Your assignment ->
Repeat word for word every line of the data below, from the first through the line containing "length-take zero l h = refl", and stop there.

--- START ---

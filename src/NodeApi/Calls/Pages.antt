-- ===== src/NodeApi/Calls/Pages.antt =====
-- The paging of GetValidators in internal/common/api/api.go, and the calls that lose an error.
use cvms.Base.{
  sym, bind-eq-ok, ok_injective, le→leb, lt→not_leb, lt→not_beq, ℕ, zero, suc, ◌+◌, ◌*◌, ◌≤◌, ◌<◌,
  ◌≡◌, refl, ap, arith, true, false, List, [], ◌∷◌, ◌++◌, if◌then◌else◌, ◌==◌, leb, nat_eq,
  beq_self, length, take, drop, Result, ok, err, message, ◌⊎◌, inl, inr,
}
use cvms.Indexer.Types.{CosmosValidator}
use cvms.NodeApi.Parser.{cosmos_validator_parser}
use cvms.NodeApi.Calls.{HttpAnswer, ApiDecoders, parsed, validator_pages, get_validators}

module _ {ℓ} {A : Type ℓ} where
  take-drop : (n m : ℕ) (l : List A) → take n l ++ take m (drop n l) ≡ take (n + m) l
  take-drop zero m l = let e : 0 + m ≡ m = omega arith in rw e
  take-drop (suc n) zero [] = let e : suc n + 0 ≡ suc n = omega arith in rw e
  take-drop (suc n) (suc m) [] = let e : suc n + suc m ≡ suc (n + suc m) = omega arith in rw e
  take-drop (suc n) m (x ∷ l) =
      let e : suc n + m ≡ suc (n + m) = omega arith in rw e (ap (λ k. x ∷ k) (take-drop n m l))

  length-take : (n : ℕ) (l : List A) → n ≤ length l → length (take n l) ≡ n
  length-take zero l h = refl
  length-take (suc n) [] h = omega (arith, h)
  length-take (suc n) (x ∷ l) h = ap suc (length-take n l (omega (arith, h)))

  take_all : (n : ℕ) (l : List A) → length l ≤ n → take n l ≡ l
  take_all zero [] h = refl
  take_all zero (x ∷ l) h = ground (arith, h)
  take_all (suc n) [] h = refl
  take_all (suc n) (x ∷ l) h = ap (λ k. x ∷ k) (take_all n l (omega (arith, h)))

le_or_lt : (m n : ℕ) → (m ≤ n) ⊎ (n < m)
le_or_lt m n = ground arith

module _ (a : ApiDecoders) (answer : ℕ → HttpAnswer) (all : List CosmosValidator) where
  -- A node some of whose pages fail: one that is read is of `all`, a hundred to a page, with their
  -- number.
  abbrev pub PagesOf : Type 0
  PagesOf =
      (k : ℕ) (page : List CosmosValidator) (total : ℕ)
      → (100 * k < length all) ⊎ (k ≡ 0)
      → parsed (cosmos_validator_parser a.decoders) (answer (k + 1)) ≡ ok (page, total)
      → (page ≡ take 100 (drop (100 * k) all)) × (total ≡ length all)

  validator_pages_honest :
      (left k : ℕ) (v : List CosmosValidator)
      → PagesOf
      → (100 * k < length all) ⊎ (k ≡ 0)
      → validator_pages a answer left (k + 1) (take (100 * k) all) ≡ ok v
      → v ≡ all
  unfolding validator_pages
  validator_pages_honest zero k v pages asked e = cc
  validator_pages_honest (suc left) k v pages asked e =
      let ((page, total), got, rest) =
        bind-eq-ok (parsed (cosmos_validator_parser a.decoders) (answer (k + 1))) _ e in
      let (same, number) = pages k page total asked got in
      let rest' = (rw (same, number, take-drop (100 * k) 100 all) at rest) in
      elim (le_or_lt (length all) (100 * k + 100)) [
        | inl fits ↦
            sym (
              ok_injective (rw (take_all (100 * k + 100) all fits, beq_self (length all)) at rest'))
        | inr more ↦
            let short : length (take (100 * k + 100) all) ≡ 100 * k + 100 =
              length-take (100 * k + 100) all (omega (arith, more)) in
            let unequal : (100 * k + 100 == length all) ≡ false = lt→not_beq _ _ more in
            let next : 100 * k + 100 ≡ 100 * (k + 1) = omega arith in
            let next_more : 100 * (k + 1) < length all = omega (arith, more) in
            validator_pages_honest left (k + 1) v pages (inl next_more)
              (rw (short, unequal, next) at rest')
      ]

  -- Whatever pages fail, validators that are returned are all.
  pub get_validators_honest :
      (v : List CosmosValidator) → PagesOf → get_validators a answer ≡ ok v → v ≡ all
  unfolding get_validators
  get_validators_honest v pages e = validator_pages_honest 5 0 v pages (inr refl) e

  -- A node that has `all` validators at a height gives them a hundred to a page, and with each page
  -- their number. It is asked for no page behind the last.
  pub record IsPaged : Type 0 where
    pub first_page :
        parsed (cosmos_validator_parser a.decoders) (answer 1) ≡ ok (take 100 all, length all)
    pub later_page :
        (k : ℕ)
        → 100 * k < length all
        → parsed (cosmos_validator_parser a.decoders) (answer (k + 1))
          ≡ ok (take 100 (drop (100 * k) all), length all)

  module _ (paged : IsPaged) where
    abbrev expected : ℕ → Result (List CosmosValidator)
    expected most =
        if leb (length all) most
        then ok all
        else err (message "failed to find out all cosmos validators in this height")

    page_at :
        (k : ℕ)
        → (100 * k < length all) ⊎ (k ≡ 0)
        → parsed (cosmos_validator_parser a.decoders) (answer (k + 1))
          ≡ ok (take 100 (drop (100 * k) all), length all)
    page_at k (inl lt) = paged.later_page k lt
    page_at k (inr e) = rw e paged.first_page

    validator_pages_from :
        (left k : ℕ)
        → (100 * k < length all) ⊎ ((k ≡ 0) × (1 ≤ left))
        → validator_pages a answer left (k + 1) (take (100 * k) all) ≡ expected (100 * (k + left))
    unfolding validator_pages
    validator_pages_from zero k (inl lt) =
        let more : leb (length all) (100 * (k + 0)) ≡ false = lt→not_leb _ _ (omega (arith, lt)) in
        rw more
    validator_pages_from zero k (inr (e, le)) = ground (arith, le)
    validator_pages_from (suc left) k h =
        let asked : (100 * k < length all) ⊎ (k ≡ 0) = elim h [
          | inl lt ↦ inl lt
          | inr (e, _) ↦ inr e
        ] in
        rw (page_at k asked, take-drop (100 * k) 100 all)
          (elim (le_or_lt (length all) (100 * k + 100)) [
            | inl fits ↦
                let within : leb (length all) (100 * (k + suc left)) ≡ true =
                  le→leb _ _ (omega (arith, fits)) in
                rw (take_all (100 * k + 100) all fits, beq_self (length all), within)
            | inr more ↦
                let short : length (take (100 * k + 100) all) ≡ 100 * k + 100 =
                  length-take (100 * k + 100) all (omega (arith, more)) in
                let unequal : (100 * k + 100 == length all) ≡ false = lt→not_beq _ _ more in
                let next : 100 * k + 100 ≡ 100 * (k + 1) = omega arith in
                let same : k + 1 + left ≡ k + suc left = omega arith in
                let next_more : 100 * (k + 1) < length all = omega (arith, more) in
                rw (short, unequal, next)
                  (rw same at (validator_pages_from left (k + 1) (inl next_more)))
          ])

  -- If the node pages the validators of a height like this, then all of them are returned, in
  -- order, if there are at most 500. If there are more the call fails, though it has fetched 500.
  pub get_validators_all :
      IsPaged
      → get_validators a answer ≡ (
          if leb (length all) 500
          then ok all
          else err (message "failed to find out all cosmos validators in this height"))
  unfolding get_validators
  get_validators_all paged = validator_pages_from paged 5 0 (inr (refl, omega arith))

--- END ---

Exercise output ->
filename src/NodeApi/Calls/Pages.antt
-- ===== src/NodeApi/Calls/Pages.antt =====
-- The paging of GetValidators in internal/common/api/api.go, and the calls that lose an error.
use cvms.Base.{
  sym, bind-eq-ok, ok_injective, le→leb, lt→not_leb, lt→not_beq, ℕ, zero, suc, ◌+◌, ◌*◌, ◌≤◌, ◌<◌,
  ◌≡◌, refl, ap, arith, true, false, List, [], ◌∷◌, ◌++◌, if◌then◌else◌, ◌==◌, leb, nat_eq,
  beq_self, length, take, drop, Result, ok, err, message, ◌⊎◌, inl, inr,
}
use cvms.Indexer.Types.{CosmosValidator}
use cvms.NodeApi.Parser.{cosmos_validator_parser}
use cvms.NodeApi.Calls.{HttpAnswer, ApiDecoders, parsed, validator_pages, get_validators}

module _ {ℓ} {A : Type ℓ} where
  take-drop : (n m : ℕ) (l : List A) → take n l ++ take m (drop n l) ≡ take (n + m) l
  take-drop zero m l = let e : 0 + m ≡ m = omega arith in rw e
  take-drop (suc n) zero [] = let e : suc n + 0 ≡ suc n = omega arith in rw e
  take-drop (suc n) (suc m) [] = let e : suc n + suc m ≡ suc (n + suc m) = omega arith in rw e
  take-drop (suc n) m (x ∷ l) =
      let e : suc n + m ≡ suc (n + m) = omega arith in rw e (ap (λ k. x ∷ k) (take-drop n m l))

  length-take : (n : ℕ) (l : List A) → n ≤ length l → length (take n l) ≡ n
  length-take zero l h = refl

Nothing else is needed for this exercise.